Task statement -> Please restate, word for word, the lines below that begin at the one with "some (s', n')" and end at the one with "-- On a manager". Leave out all other lines.

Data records
+++

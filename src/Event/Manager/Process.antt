-- ===== src/Event/Manager/Process.antt =====
-- `processEvents` where handlers and receivers leave the manager alone: it ends, and which events it
-- dispatches.
use qaiosplus.Base.{
  ℕ, ◌+◌, ◌||◌, ◌^◌, ◌<◌, ◌≡◌, refl, subst, true, false, not, List, [], ◌++◌, some, arith, u64,
  length,
}
use qaiosplus.Event.{Event}
use qaiosplus.Event.Queue.{EventQueue}
use qaiosplus.Event.Queue.Ring.{contents, IsValid}
use qaiosplus.Event.Immediate.{ImmediateQueue}
use qaiosplus.Event.Immediate.Ring.{waiting, IsSound}
use qaiosplus.Event.Manager.{Manager, process_urgent, process_main, process_events, end_dispatch}
use qaiosplus.Event.Manager.Dispatch.{Reactions, quiet}
use qaiosplus.Event.Manager.Drain.{offer_all, offer_all-append, quota, drain_urgent, drain_main}

process_events_ends :
    {W : Type 0} (r : Reactions W) (fuel max : ℕ) (m : Manager) (w : W) (s s' : Manager × W)
    (n n' : ℕ)
    → m.initialized ≡ true
    → m.dispatching ≡ false
    → process_urgent (quiet r) fuel (record m { dispatching = true }, w) 0 ≡ some (s, n)
    → process_main (quiet r) fuel max s n ≡ some (s', n')
    → process_events (quiet r) fuel max (m, w)
      ≡ some ((record s'.0 { dispatching = false }, s'.1), n')
unfolding process_events end_dispatch
process_events_ends r fuel max m w s s' n n' i d u h =
    let ready : not m.initialized || m.dispatching ≡ false = rw (i, d) refl in
    rw (process_events, ready, u, h) refl

-- What a call of `processEvents` returns: the urgent events are all dispatched, and `served` of the
-- main queue.
pub record Processes {W : Type 0} (r : Reactions W) (fuel max : ℕ) (m : Manager) (w : W)
    : Type 0 where
  pub served : List Event
  pub left : List Event
  pub main : EventQueue
  pub urgent : ImmediateQueue
  pub split : contents m.main ≡ served ++ left
  pub number : length served ≡ quota max (length (waiting m.urgent)) (length (contents m.main))
  pub holds : contents main ≡ left
  pub drained : waiting urgent ≡ []
  pub ran :
      process_events (quiet r) fuel max (m, w)
      ≡ some (
        (
          record m {
            main = main;
            urgent = urgent;
            total_dispatched =
                u64 (u64 (m.total_dispatched + length (waiting m.urgent)) + length served);
            dispatching = false;
          },
          offer_all r m.listeners m.receivers (waiting m.urgent ++ served) w,
        ),
        length (waiting m.urgent) + length served,
      )

-- On a manager that is initialized and not dispatching, and where handlers and receivers leave the
-- manager alone, `processEvents` returns, given more rounds than either queue has events: it
-- dispatches all urgent events in order of arrival, then as many of the main queue, in its order, as
-- the limit has room for (one at least, and all where the limit is 0), and returns their number; the
-- rest stays queued.
pub process_events-Processes :
    {W : Type 0} (r : Reactions W) (fuel max : ℕ) (m : Manager) (w : W)
    → m.initialized ≡ true
    → m.dispatching ≡ false
    → IsSound m.urgent
    → IsValid m.main
    → length (waiting m.urgent) < fuel
    → length (contents m.main) < fuel
    → fuel < 2 ^ 63
    → m.total_dispatched < 2 ^ 64
    → Processes r fuel max m w
process_events-Processes r fuel max m w i d s v fu fm small t =
    let us = waiting m.urgent in
    let m0 : Manager = record m { dispatching = true } in
    let (q, empty, ran) = drain_urgent r us fuel 0 m0 w s refl fu (omega arith) t in
    let m1 : Manager = record m0 {
      urgent = q;
      total_dispatched = u64 (m.total_dispatched + length us);
    } in
    let w1 = offer_all r m.listeners m.receivers us w in
    let done =
      drain_main r (contents m.main) fuel max (0 + length us) m1 w1 v refl fm (omega arith)
        (omega arith) in
    let zero_add : 0 + length us ≡ length us = omega arith in
    record {
      served = done.served;
      left = done.left;
      main = done.queue;
      urgent = q;
      split = done.split;
      number =
          subst (λ n. length done.served ≡ quota max n (length (contents m.main))) zero_add
            done.number;
      holds = done.holds;
      drained = empty;
      ran =
          rw
            (
              process_events_ends r fuel max m w (m1, w1) _ (0 + length us) _ i d ran done.ran,
              zero_add,
              offer_all-append r m.listeners m.receivers us done.served w,
            )
            refl;
    }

+++

Reply ->
    → process_main (quiet r) fuel max s n ≡ some (s', n')
    → process_events (quiet r) fuel max (m, w)
      ≡ some ((record s'.0 { dispatching = false }, s'.1), n')
unfolding process_events end_dispatch
process_events_ends r fuel max m w s s' n n' i d u h =
    let ready : not m.initialized || m.dispatching ≡ false = rw (i, d) refl in
    rw (process_events, ready, u, h) refl

-- What a call of `processEvents` returns: the urgent events are all dispatched, and `served` of the
-- main queue.
pub record Processes {W : Type 0} (r : Reactions W) (fuel max : ℕ) (m : Manager) (w : W)
    : Type 0 where
  pub served : List Event
  pub left : List Event
  pub main : EventQueue
  pub urgent : ImmediateQueue
  pub split : contents m.main ≡ served ++ left
  pub number : length served ≡ quota max (length (waiting m.urgent)) (length (contents m.main))
  pub holds : contents main ≡ left
  pub drained : waiting urgent ≡ []
  pub ran :
      process_events (quiet r) fuel max (m, w)
      ≡ some (
        (
          record m {
            main = main;
            urgent = urgent;
            total_dispatched =
                u64 (u64 (m.total_dispatched + length (waiting m.urgent)) + length served);
            dispatching = false;
          },
          offer_all r m.listeners m.receivers (waiting m.urgent ++ served) w,
        ),
        length (waiting m.urgent) + length served,
      )

-- On a manager that is initialized and not dispatching, and where handlers and receivers leave the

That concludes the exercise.